After the catastrophe, religion seemed to be the only comfort for his parents. Jane Pierce became convinced that the tragedy had been punishment from God for her husband’s acceptance of the presidency. With the President and his wife still in mourning when they moved to Washington, the White House was a dark and gloomy place. Because of Jane Pierce’s frail health, opposition to drinking, and her depression over the loss of her child, social functions at the White House were almost unheard of during the first half of the Pierce administration.
In its later stages, she did manage some appearances at events there, but she came to be known as “The Shadow in the White House. ” Franklin Pierce came to office during a period of growing tension between the North and South. Pierce was behind one of the most crucial pieces of legislation in American history. Although he did not author the Kansas-Nebraska Act, he did encourage its passage by Congress. And that piece of legislation set the nation on its path to civil war. Jane’s disgust with the political life in Washington must have been behind Pierce’s decision to resign from the Senate in 1841.
Subsequently, he served in the Mexican-American War, and in something of a surprise was elected President in 1852. Franklin Pierce’s life following the presidency proved no happier than his life during it. He spent most of the pre-Civil War years in Europe, mulling his political misfortunes. When the Civil War erupted, Pierce voiced support for the northern cause, which was ironic in light of his earlier proslavery stance. But Pierce, a loyal Democrat, did not support the new president, Abraham Lincoln. In fact, Pierce publicly tried to blame Lincoln for the war. This outspoken criticism cost him a number of longtime friendships.
Jane Pierce, meanwhile, was slowly wasting away from tuberculosis, and he traveled with her to the West Indies in hopes that the warmer climate would benefit her. It did not, and she died in late 1863. Pierce returned to the United States and settled in New Hampshire. Always fond of liquor, he had returned to it as his only comfort. When Lincoln was assassinated in April 1865, an angry mob surrounded Pierce’s home.
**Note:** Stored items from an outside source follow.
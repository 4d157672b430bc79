-- ===== src/Backoff.antt =====
-- `ExponentialBackoff` of src/ft_system/common/retry.py. Durations are whole numbers of a unit that
-- divides both bounds. `max_exponent` stands for `math.ceil(math.log2(maximum / initial))`.
use Prim.Native.Nat.{min}
use native.Mathlib.Nat.{pow-suc}
use fall2026_18749_project.Prelude.{
  ℕ, zero, suc, ◌+◌, ◌*◌, ◌^◌, ◌≤◌, ◌<◌, ◌≡◌, ◌&&◌, arith, ltb, leb, leb→le, Bool-cases, inl, inr,
}
use fall2026_18749_project.Result.{Result, ok, value_error, guard, ◌>>◌}

pub record Backoff : Type 0 where
  pub initial : ℕ
  pub maximum : ℕ
  pub attempt : ℕ

-- `__init__` and `__post_init__`
unfoldable pub make : ℕ → ℕ → Result Backoff
make initial maximum = do
  guard (ltb 0 initial && ltb 0 maximum) (value_error "backoff values must be positive")
  guard (leb initial maximum) (value_error "initial backoff must not exceed maximum")
  ok (record { initial = initial; maximum = maximum; attempt = 0 })

unfoldable pub next_delay : (ℕ → ℕ → ℕ) → Backoff → ℕ × Backoff
next_delay max_exponent b =
    let exponent = min b.attempt (max_exponent b.maximum b.initial) in
    (min (b.initial * 2 ^ exponent) b.maximum, record b { attempt = b.attempt + 1 })

unfoldable pub reset : Backoff → Backoff
reset b = record b { attempt = 0 }

-- What `make` has checked.
pub record IsBackoff (b : Backoff) : Type 0 where
  pub positive : 0 < b.initial
  pub ordered : b.initial ≤ b.maximum

pub make-IsBackoff : (initial maximum : ℕ) (b : Backoff) → make initial maximum ≡ ok b → IsBackoff b
unfolding make
make-IsBackoff initial maximum b h = ground arith

pow_pos : (n : ℕ) → 1 ≤ 2 ^ n
pow_pos zero = omega arith
pow_pos (suc n) = omega (arith, pow_pos n, pow-suc 2 n)

pow_mono : (m n : ℕ) → m ≤ n → 2 ^ m ≤ 2 ^ n
pow_mono zero n h = pow_pos n
pow_mono (suc m) zero h = absurd (omega arith)
pow_mono (suc m) (suc n) h = omega (arith, pow_mono m n, pow-suc 2 m, pow-suc 2 n)

mul_mono : (a p q : ℕ) → p ≤ q → a * p ≤ a * q
mul_mono a p q h = grind arith

pub scaled_pos : (m k : ℕ) → 1 ≤ suc m * 2 ^ k
scaled_pos m k = omega (arith, mul_mono (suc m) 1 (2 ^ k) (pow_pos k))

pub make_lem :
    (initial maximum : ℕ)
    → 1 ≤ initial
    → initial ≤ maximum
    → make initial maximum ≡ ok (record { initial = initial; maximum = maximum; attempt = 0 })
unfolding make
make_lem initial maximum p q = ground arith

module _ (max_exponent : ℕ → ℕ → ℕ) (b : Backoff) where
  abbrev cap : ℕ
  cap = max_exponent b.maximum b.initial

  -- Every delay of a backoff with valid bounds lies between them.
  delay_bounds :
      IsBackoff b
      → (b.initial ≤ (next_delay max_exponent b).0) × ((next_delay max_exponent b).0 ≤ b.maximum)
  unfolding next_delay
  delay_bounds valid =
      let grown = mul_mono b.initial 1 (2 ^ min b.attempt cap) (pow_pos (min b.attempt cap)) in
      (omega (arith, grown), omega arith)

  -- If the cap on the exponent is large enough to reach the maximum, then each delay is the initial
  -- one doubled once for each failed attempt, cut off at the maximum: the cap on the exponent does
  -- not show.
  pub delay_closed_form :
      b.maximum ≤ b.initial * 2 ^ cap
      → (next_delay max_exponent b).0 ≡ min (b.initial * 2 ^ b.attempt) b.maximum
  unfolding next_delay
  delay_closed_form covers = elim (Bool-cases (leb b.attempt cap)) [
    | inl below ↦
        let same : min b.attempt cap ≡ b.attempt = omega (arith, leb→le _ _ below) in rw same
    | inr above ↦
        let least : min b.attempt cap ≡ cap = ground (arith, above) in
        let more : cap ≤ b.attempt = ground (arith, above) in
        rw least (
          omega (
            arith,
            covers,
            mul_mono b.initial (2 ^ cap) (2 ^ b.attempt) (pow_mono cap b.attempt more),
          ))
  ]

  -- No delay is shorter than the one before it, until a reset.
  pub delay_grows :
      (next_delay max_exponent b).0 ≤ (next_delay max_exponent (next_delay max_exponent b).1).0
  unfolding next_delay
  delay_grows = omega (
    arith,
    mul_mono b.initial (2 ^ min b.attempt cap) (2 ^ min (b.attempt + 1) cap)
        (pow_mono (min b.attempt cap) (min (b.attempt + 1) cap) (omega arith)),
  )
Only a final display of the old lawyer’s once famed oratorical skills kept his house in one piece: he gave a speech urging the crowd to disperse peacefully, and they did.
Pierce hoped to be re-nominated in 1856, but the rising agitation over slavery and his connection with the Kansas controversy ruled him out of the running. The Democratic convention turned instead to James Buchanan. Pierce left the White House with little sense of gratification and set out with his wife on a European tour. After additional traveling in the United States and the West Indies, he settled permanently in Concord in 1860. He attacked the Lincoln administration for provoking the Civil War and disregarding the constitution in prosecuting it.
He spent his last years in virtual seclusion and died in Concord on Oct. 8, 1869. The great irony of Franklin Pierce is that a man less than qualified to be President was behind one of the most far-reaching pieces of legislation in American history. He serves as a prime example of why difficult times require activist and focused leadership that is sensitive to issues both of change and continuity affecting the political scene. Overall, I believe that Pierce was a good president. He did his best even though he had lost his only surviving child and his wife had even shut him out.